As I writhed around on my chair, a colleague looked at me aghast and said, “I think you should go and see a doctor.”

“Oh, it’s nothing,” I gasped. “It will pass.”

But how was I to know that attempting to pass a kidney stone could be so agonizing. Half an hour later, I admitted defeat and begged my colleague to take me to the hospital.

In the hospital’s emergency room, I began screaming for medication like some crazed junkie needing a fix. The staff responded by putting me on a gurney and telling me to wait quietly until the doctor came.

Actually they didn’t say “quietly”, but I think they would have liked to have been able to. However, I’m not sure how anyone can be expected to wait quietly with a red hot poker stabbing one of their vital organs.

When the doctor finally arrived, three years later, the nursing staff were doing a good impersonation of ignoring me. Still, I forgave them, because I think they are trained to go about their business ignoring all sorts of unreasonable tantrums thrown by overwrought patients until someone more qualified arrives to dispense the necessary words of wisdom.

With only a cursory examination, the doctor declared, “Ah, looks like you have a kidney stone!”

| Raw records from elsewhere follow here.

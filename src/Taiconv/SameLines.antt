-- ===== src/Taiconv/SameLines.antt =====
-- convert_read_nrm and convert_mmap_nrm of srvctl/src/taiconv.c print the same.
use ngim.Base.{
  ℕ, zero, suc, ◌≤◌, ◌<◌, ◌≡◌, inl, inr, refl, sym, ap, ◌∙◌, true, false, Option, some, List, [],
  ◌∷◌, ◌++◌, append-nil, append_assoc, ◌==◌, length, arith, le→leb, Bool-cases, Option-cases,
  ==_iff, lt→==_false, le-cases, length-append,
}
use ngim.Tai.{tain_format_size}
use ngim.Taiconv.{Clock, convert_buffer, is_hex_nibble}
use ngim.Taiconv.Convert.{full_unused, longer_some, longer_none}
use ngim.Taiconv.Total.{convert_read_nrm_total}
use ngim.Taiconv.Read.{
  is_empty, newline, convert_or_copy, flush_rest, end_of_stamp, read_nrm_step, read_nrm_loop,
  convert_read_nrm,
}
use ngim.Taiconv.Mmap.{
  convert_pending, stamp_length, next_line, line_stamp, mmap_nrm_loop, convert_mmap_nrm,
}

-- A newline is no hexadecimal digit.
hex_ne_newline : (c : ℕ) → is_hex_nibble c ≡ true → (c == newline) ≡ false
unfolding is_hex_nibble
hex_ne_newline c h = ground arith

module _ (clock : Clock) where
  -- Up to the next line both copy.
  next_line_agrees :
      (s out pending : List ℕ)
      → read_nrm_loop clock (out ++ pending) false [] s
        ≡ read_nrm_loop clock
            (out ++ (next_line clock pending s).0)
            true
            []
            (next_line clock pending s).1
  unfolding read_nrm_loop next_line read_nrm_step
  next_line_agrees [] out pending = refl
  next_line_agrees (c ∷ s) out pending = elim (Bool-cases (c == newline)) [
    | inl e ↦ rw (e, append_assoc out pending (c ∷ []))
    | inr e ↦
        rw (e, append_assoc out pending (c ∷ [])) (next_line_agrees s out (pending ++ (c ∷ [])))
  ]

  end_of_stamp_lem :
      (textual : List ℕ) (c : ℕ)
      → end_of_stamp clock textual c ≡ convert_or_copy clock textual ++ (c ∷ [])
  unfolding end_of_stamp convert_or_copy
  end_of_stamp_lem textual c = elim (Option-cases (convert_buffer clock textual)) [
    | inl e ↦ rw (e, end_of_stamp, convert_or_copy)
    | inr ((r, u), e) ↦ rw (e, end_of_stamp, convert_or_copy, append_assoc r u (c ∷ []))
  ]

  -- A 26th byte, which only convert_mmap_nrm takes into the sequence, makes no difference.
  end_of_stamp_full :
      (textual : List ℕ) (c : ℕ)
      → length textual ≡ tain_format_size
      → end_of_stamp clock textual c ≡ convert_or_copy clock (textual ++ (c ∷ []))
  unfolding end_of_stamp convert_or_copy
  end_of_stamp_full textual c h = elim (Option-cases (convert_buffer clock textual)) [
    | inl e ↦ rw (e, end_of_stamp, convert_or_copy, longer_none clock textual (c ∷ []) h e)
    | inr ((r, u), e) ↦ rw (
      e,
      end_of_stamp,
      convert_or_copy,
      longer_some clock textual (c ∷ []) r u h e,
      full_unused clock textual r u h e,
    )
  ]

  stamp_length_stop :
      (pending s : List ℕ)
      → tain_format_size < length pending
      → stamp_length clock pending s ≡ (pending, s)
  unfolding stamp_length
  stamp_length_stop pending [] h = refl
  stamp_length_stop pending (c ∷ s) h = ground (arith)

  stamp_agrees :
      (s out ds : List ℕ)
      → suc (length ds) ≤ tain_format_size
      → read_nrm_loop clock out false (b'@' ∷ ds) s
        ≡ read_nrm_loop clock
            (out ++ convert_or_copy clock (stamp_length clock (b'@' ∷ ds) s).0)
            false
            []
            (stamp_length clock (b'@' ∷ ds) s).1
  unfolding read_nrm_loop stamp_length read_nrm_step flush_rest
  stamp_agrees [] out ds h = rw (le→leb (suc (length ds)) tain_format_size h, append-nil)
  stamp_agrees (c ∷ s) out ds h = elim (Bool-cases (is_hex_nibble c)) [
    | inr other ↦ rw (
      le→leb (suc (length ds)) tain_format_size h,
      other,
      end_of_stamp_lem (b'@' ∷ ds) c,
      append_assoc out (convert_or_copy clock (b'@' ∷ ds)) (c ∷ []),
    )
    | inl hex ↦ elim (le-cases (suc (length ds)) tain_format_size h) [
      | inl more ↦
          rw
            (
              le→leb (suc (length ds)) tain_format_size h,
              hex,
              lt→==_false (suc (length ds)) tain_format_size more,
              append-nil,
            )
            (stamp_agrees s out (ds ++ (c ∷ [])) (omega (arith, length-append ds (c ∷ []))))
      | inr full ↦ rw (
        le→leb (suc (length ds)) tain_format_size h,
        hex,
        (==_iff (suc (length ds)) tain_format_size).1 full,
        hex_ne_newline c hex,
        end_of_stamp_full (b'@' ∷ ds) c full,
        stamp_length_stop (b'@' ∷ (ds ++ (c ∷ []))) s (omega (arith, length-append ds (c ∷ []))),
      )
    ]
  ]

  next_line_shorter : (pending s : List ℕ) → length (next_line clock pending s).1 ≤ length s
  unfolding next_line
  next_line_shorter pending [] = omega arith
  next_line_shorter pending (c ∷ s) = ground (arith, next_line_shorter (pending ++ (c ∷ [])) s)

  next_line_shorter_cons :
      (pending : List ℕ) (c : ℕ) (s : List ℕ)
      → length (next_line clock pending (c ∷ s)).1 ≤ length s
  unfolding next_line
  next_line_shorter_cons pending c s = ground (arith, next_line_shorter (pending ++ (c ∷ [])) s)

  stamp_length_shorter : (pending s : List ℕ) → length (stamp_length clock pending s).1 ≤ length s
  unfolding stamp_length
  stamp_length_shorter pending [] = omega arith
  stamp_length_shorter pending (c ∷ s) =
      ground (arith, stamp_length_shorter (pending ++ (c ∷ [])) s)

  convert_pending_lem :
      (out pending : List ℕ)
      → (convert_pending clock out pending).0 ++ (convert_pending clock out pending).1
        ≡ out ++ convert_or_copy clock pending
  unfolding convert_pending convert_or_copy
  convert_pending_lem out pending = elim (Option-cases (convert_buffer clock pending)) [
    | inl e ↦ rw (e, convert_pending, convert_or_copy)
    | inr ((r, u), e) ↦ rw (e, convert_pending, convert_or_copy, append_assoc out r u)
  ]

  -- At the start of a line that begins with `@`.
  line_at_sign :
      (s out pending : List ℕ)
      → read_nrm_loop clock (out ++ pending) true [] (b'@' ∷ s)
        ≡ read_nrm_loop clock (out ++ pending) false (b'@' ∷ []) s
  unfolding read_nrm_loop read_nrm_step
  line_at_sign s out pending = rw append-nil

  line_other :
      (c : ℕ) (s out : List ℕ)
      → (c == b'@') ≡ false
      → read_nrm_loop clock out true [] (c ∷ s) ≡ read_nrm_loop clock out false [] (c ∷ s)
  unfolding read_nrm_loop read_nrm_step
  line_other c s out h = rw h

  -- What a round leaves to the later ones.
  abbrev later_lines : ℕ → List ℕ × List ℕ × List ℕ → Option (List ℕ)
  later_lines fuel (out, pending, rest) =
      mmap_nrm_loop clock fuel out (next_line clock pending rest).0 (next_line clock pending rest).1

  mmap_nrm_loop_lem :
      (fuel : ℕ) (c : ℕ) (s out pending : List ℕ)
      → mmap_nrm_loop clock (suc fuel) out pending (c ∷ s)
        ≡ later_lines fuel (line_stamp clock out pending c s)
  unfolding mmap_nrm_loop
  mmap_nrm_loop_lem fuel c s out pending = refl

  lines_agree :
      (fuel : ℕ) (s out pending : List ℕ)
      → length s ≤ fuel
      → mmap_nrm_loop clock fuel out pending s ≡ read_nrm_loop clock (out ++ pending) true [] s
  unfolding mmap_nrm_loop line_stamp
  lines_agree zero [] out pending h = unfold read_nrm_loop flush_rest in rw append-nil
  lines_agree (suc fuel) [] out pending h = unfold read_nrm_loop flush_rest in rw append-nil
  lines_agree zero (c ∷ s) out pending h = absurd (omega arith)
  lines_agree (suc fuel) (c ∷ s) out pending h = elim (Bool-cases (c == b'@')) [
    | inr other ↦
        rw (mmap_nrm_loop_lem fuel c s out pending, line_stamp, other)
          (lines_agree fuel (next_line clock pending (c ∷ s)).1 out
              (next_line clock pending (c ∷ s)).0
              (omega (arith, next_line_shorter_cons pending c s))
            ∙ sym (next_line_agrees (c ∷ s) out pending)
            ∙ sym (line_other c s (out ++ pending) other))
    | inl at_sign ↦
        let (stamp, rest) = stamp_length clock (b'@' ∷ []) s in
        let (out', pending') = convert_pending clock (out ++ pending) stamp in
        rw (mmap_nrm_loop_lem fuel c s out pending, line_stamp, at_sign, (==_iff c b'@').0 at_sign)
          (lines_agree fuel (next_line clock pending' rest).1 out' (next_line clock pending' rest).0
              (omega (arith, next_line_shorter pending' rest, stamp_length_shorter (b'@' ∷ []) s))
            ∙ sym (next_line_agrees rest out' pending')
            ∙ ap (λ o. read_nrm_loop clock o false [] rest)
                (convert_pending_lem (out ++ pending) stamp)
            ∙ sym (stamp_agrees s (out ++ pending) [] (omega arith))
            ∙ sym (line_at_sign s out pending))
  ]

  mmap_nrm-eq-read_nrm :
      (s : List ℕ) → is_empty s ≡ false → convert_mmap_nrm clock s ≡ convert_read_nrm clock s
  unfolding convert_mmap_nrm convert_read_nrm
  mmap_nrm-eq-read_nrm s h = rw h (lines_agree (length s) s [] [] (omega arith))

  -- Without --all an input that is not empty is converted to the same bytes whether it is mapped or
  -- read, no assertion fails, and the rounds given to convert_mmap_nrm are enough.
  pub convert_mmap_nrm-convert_read_nrm :
      (s : List ℕ)
      → is_empty s ≡ false
      → (out : List ℕ) × (convert_read_nrm clock s ≡ some out)
        × (convert_mmap_nrm clock s ≡ some out)
  convert_mmap_nrm-convert_read_nrm s h =
      let (out, e) = convert_read_nrm_total clock s in (out, e, mmap_nrm-eq-read_nrm s h ∙ e)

“How can you be so sure?” I said.

“You’re displaying the classic symptoms. I will give you a scan to confirm it, but first we need you to keep still.”

A nurse then injected my butt with 25cc of horse tranquilliser. Ten minutes later, when this had no effect, I was given another 25cc. And another 10 minutes later, I was given yet another dose. At this stage, I was beginning to feel quite groggy and pain-free.

What happened next is a bit of a blur, but I vaguely remember the doctor showing me my scan results. “Look, it’s a kidney stone! Just as I suspected,” he said. “We’ll have to operate as soon as possible because it’s stuck in your ureter.”

I was then dispatched to a ward to await my operation the next morning. As I lay on my bed, thanking the creator of horse tranquillisers, it never once occurred to me that anyone would be worrying about me. When you’re so heavily medicated, the word “worry” is completely obliterated from your vocabulary. It was only when my daughter called me that I realised that there were other people in my universe.

“Mum, where are you?” she asked, sounding concerned.

“Oh, I’m in the hospital,” I replied, quite breezily. “It’s really nice here.”

Much later, when my daughter arrived at my bedside, carrying a weekend bag containing every toiletry known to mankind, I had already drifted off into a twilight zone of my own making. Such was the effect of my pain medication.

The next morning, after a tepid shower, I was prepped and ready for the operating room. I can’t remember much of what happened before I was put under, except that everyone seemed very cheerful. And my surgeon was wearing kinky white Wellington boots – but I suspect I might have been under the influence of drugs at that stage and prone to imagining things.

While I was out cold, the medical staff pulverised that kidney stone to smithereens and sent me back to my room. With my lower body still paralysed (the effects of a lovely anaesthetic), I expressed my gratitude to the nursing staff by peeing in my bed.

That evening, my daughter, a teenager who passed her driving test barely a month ago, drove me home from the hospital. I’d had one last injection before I’d left and, for the first time, realised what a wonderful driver she’d turned into almost overnight.

Now that I’m home, minus the horse tranquillisers, I feel the full effects of my post-operative pain. However, I wouldn’t change my reality, painful though it may be, for another blurry day that’s almost lost to me.

Now, if only I could remember the name of the cute doctor who attended to me.